I know you think you are honest to your friends or family, but in my case, I have never been able to let down my shields. I love my brothers with all my being, but I will never be able to talk to them about what haunts my mind. I am hard wired to protect them, and our past has some dark corners that are left better hidden from their view.
There are also parts that they, Thank God were never around for. I think those moments are the ones I keep held locked away, hidden so deeply, that it is only in those moments like the other day, one will break free of its chains. It then comes thundering back, just to bang on my door, and let me know they are still there. Reminding me that I can never be free from my memories. Never free from those defining moments, that affected me on such a deep level that it changed me completely. I have found the most powerful weapon against us is our own mind.
So, being said, that is why I prefer to spend my time within the sanctuary of my therapist office. When I dare reach deep inside and put key to lock on imprisoned memories.
Somehow this has become twisted as my mind. I started writing about my depression and here I am discussing things other than it. This is how closely linked my mental illness is to my well being. How things in my past brought into play new factors. Each person’s journey is different, but not always that far from each other.
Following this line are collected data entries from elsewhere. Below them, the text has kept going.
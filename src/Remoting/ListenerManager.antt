-- ===== src/Remoting/ListenerManager.antt =====
-- remoting/ListenerManager.cpp: the static map from an address to its listener.
use kiteq_client_cpp.Base.{ℕ, ◌≡◌, List, [], none, some, arith, if◌then◌else◌}
use kiteq_client_cpp.Base.Dict.{bytes_eq, find, insert, erase, find-insert, find-erase}

-- `L` is the type of pointers to listeners.
module _ {ℓ} {L : Type ℓ} where
  -- The static map at first.
  unfoldable pub no_listeners : List (List ℕ × L)
  no_listeners = []

  -- `map::insert` leaves a channel that is there.
  unfoldable pub register_listener : List ℕ → L → List (List ℕ × L) → List (List ℕ × L)
  register_listener channel listener listeners = insert channel listener listeners

  unfoldable pub unregister_listener : List ℕ → List (List ℕ × L) → List (List ℕ × L)
  unregister_listener channel listeners = erase channel listeners

  unfoldable pub get_listener : L → List ℕ → List (List ℕ × L) → L
  get_listener default_listener channel listeners = elim (find channel listeners) [
    | none ↦ default_listener
    | some l ↦ l
  ]

  -- Registering a second listener for a channel changes the listener of no channel.
  pub register_listener_again :
      (d a b : L) (c j : List ℕ) (ls : List (List ℕ × L))
      → let once = register_listener c a ls in
        get_listener d j (register_listener c b once) ≡ get_listener d j once
  unfolding register_listener get_listener
  register_listener_again d a b c j ls = ground (
    arith,
    bytes_eq.beq_iff c j,
    bytes_eq.beq_iff c c,
    find-insert c c a ls,
    find-insert c j a ls,
    find-insert c j b (insert c a ls),
    find-insert c c b (insert c a ls),
  )

  -- After `unregisterListener` a channel has the default listener and every other one has its
  -- own, and a listener that is registered then is the channel's.
  pub unregister_listener_lem :
      (d b : L) (c j : List ℕ) (ls : List (List ℕ × L))
      → let less = unregister_listener c ls in
        (get_listener d j less ≡ (if bytes_eq.beq c j then d else get_listener d j ls))
        × (get_listener d c (register_listener c b less) ≡ b)
  unfolding register_listener unregister_listener get_listener
  unregister_listener_lem d b c j ls = ground (
    arith,
    bytes_eq.beq_iff c j,
    bytes_eq.beq_iff c c,
    find-erase c j ls,
    find-erase c c ls,
    find-insert c c b (erase c ls),
  )
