-- ===== src/Remoting/ResponseFuture.antt =====
-- remoting/ResponseFuture.cpp and remoting/inc/KiteResponse.hpp: requests that wait for a response.
-- A future is a promise that is set once. Futures live in a store; a pointer is a number. The map's
-- lock makes each function below one step.
pub mod Invariant
pub mod Requests
pub mod Routing
use kiteq_client_cpp.Base.{
  ℕ, suc, ◌≡◌, ◌<◌, Bool, true, false, List, [], ◌∷◌, Option, none, some, ◌==◌, if◌then◌else◌,
}
use kiteq_client_cpp.Base.Dict.{nat_eq, find, insert, erase}

-- `KiteResponse`.
pub record KiteResponse (M : Type 0) : Type 0 where
  pub request_id : ℕ
  pub message : M

unfoldable pub new_response : {M : Type 0} → ℕ → M → KiteResponse M
new_response id m = record { request_id = id; message = m }

unfoldable pub response_request_id : {M : Type 0} → KiteResponse M → ℕ
response_request_id r = r.request_id

unfoldable pub response_message : {M : Type 0} → KiteResponse M → M
response_message r = r.message

-- `next` is the first pointer that is not in use; `value` is what a promise was set to.
pub record Store (M : Type 0) : Type 0 where
  pub next : ℕ
  pub request_id : ℕ → ℕ
  pub value : ℕ → Option (KiteResponse M)
  pub future_map : List (ℕ × ℕ)

abbrev pub update {ℓ} : {A : Type ℓ} → (ℕ → A) → ℕ → A → ℕ → A
update f i a j = if i == j then a else f j

module _ {M : Type 0} where
  -- `new ResponseFuture(id)`.
  unfoldable pub new_future : ℕ → Store M → ℕ × Store M
  new_future id s = (
    s.next,
    record s {
      next = suc s.next;
      request_id = update s.request_id s.next id;
      value = update s.value s.next none;
    },
  )

  unfoldable pub get_request_id : ℕ → Store M → ℕ
  get_request_id p s = s.request_id p

  unfoldable pub response_future_used : ℕ → Store M → Store M
  response_future_used p s = elim (find (s.request_id p) s.future_map) [
    | none ↦ record s { future_map = insert (s.request_id p) p s.future_map }
    | some _ ↦ s
  ]

  -- `set_value`; `false`: the promise was set before, and it throws.
  unfoldable pub set_response : ℕ → KiteResponse M → Store M → Bool × Store M
  set_response p resp s = elim (s.value p) [
    | none ↦ (true, record s { value = update s.value p (some resp) })
    | some _ ↦ (false, s)
  ]

  unfoldable pub receive_response : KiteResponse M → Store M → Bool × Store M
  unfolding set_response
  receive_response resp s = elim (find resp.request_id s.future_map) [
    | none ↦ (true, s)
    | some p ↦ set_response p resp (record s { future_map = erase resp.request_id s.future_map })
  ]

  -- `getResponse()`: `none` while the thread waits.
  unfoldable pub await_response : ℕ → Store M → Option (KiteResponse M)
  await_response p s = s.value p

  -- `getResponse(timeout)`, when the wait is over: the value if it is there.
  unfoldable pub has_value : ℕ → Store M → Option (KiteResponse M)
  has_value p s = s.value p

  -- And what it does if it is not.
  unfoldable pub give_up : ℕ → Store M → Store M
  give_up p s = record s { future_map = erase (s.request_id p) s.future_map }

  -- The two steps of `getResponse(timeout)`, with nothing between them.
  unfoldable pub get_response : ℕ → Store M → Option (KiteResponse M) × Store M
  unfolding has_value give_up
  get_response p s = elim (has_value p s) [
    | some resp ↦ (some resp, s)
    | none ↦ (none, give_up p s)
  ]

-- The steps of all threads. A thread that gives up has seen no value before, perhaps some steps ago.
pub data Step (M : Type 0) : Type 0 where
  request : ℕ → Step M
  respond : KiteResponse M → Step M
  expire : ℕ → Step M

unfoldable pub step : {M : Type 0} → Step M → Store M → Store M
unfolding new_future response_future_used receive_response give_up
step (request id) s = let r = new_future id s in response_future_used r.0 r.1
step (respond resp) s = (receive_response resp s).1
step (expire p) s = give_up p s

unfoldable pub run : {M : Type 0} → List (Step M) → Store M → Store M
run [] s = s
run (e ∷ es) s = run es (step e s)

unfoldable pub no_futures : {M : Type 0} → Store M
no_futures = record { next = 0; request_id = λ p. 0; value = λ p. none; future_map = [] }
This is how we find support from like minded people. They may read this post, and think I know that feeling. I agree with what was said. This is the reason, I put myself into my blog. Why I let people inside what I am feeling. Because this is what I look for when I am reading about someone else’s journey. I want to say “yeah, I know what you mean”. I want to feel a connection, know that here is someone that understands the everyday battle. The fight to try and fit in, the fight to get fair treatment; we all know Mental Illness is still taboo.
We all know the fight to find the right medicine, the right treatment,even the right health coverage. Which is another pet peeve. Trying to get the help you need, when so few doctors accept low income patients. Or worse fall in my hellish hole of care, I have insurance that covers therapy, but has a high co-pay, and my income low enough that I cannot afford to pay. So for people like me who thrive receiving therapy, we are left out in the cold. My therapy becomes a blog about my illness. I guess those who read my blog, stop in and make this group therapy session. I hope if I do touch you in some way, you feel you can leave me a comment.
Either way, I am blessed for all who stop by, and take the time to read my attempts to put word to page. To open myself up, and step outside my comfort zone. I am hoping as we slip fully into my favorite time of year, my depression slips away with the remnants of summer. And you come back to visit me again.
I hope you have a blessed day. Happy October!!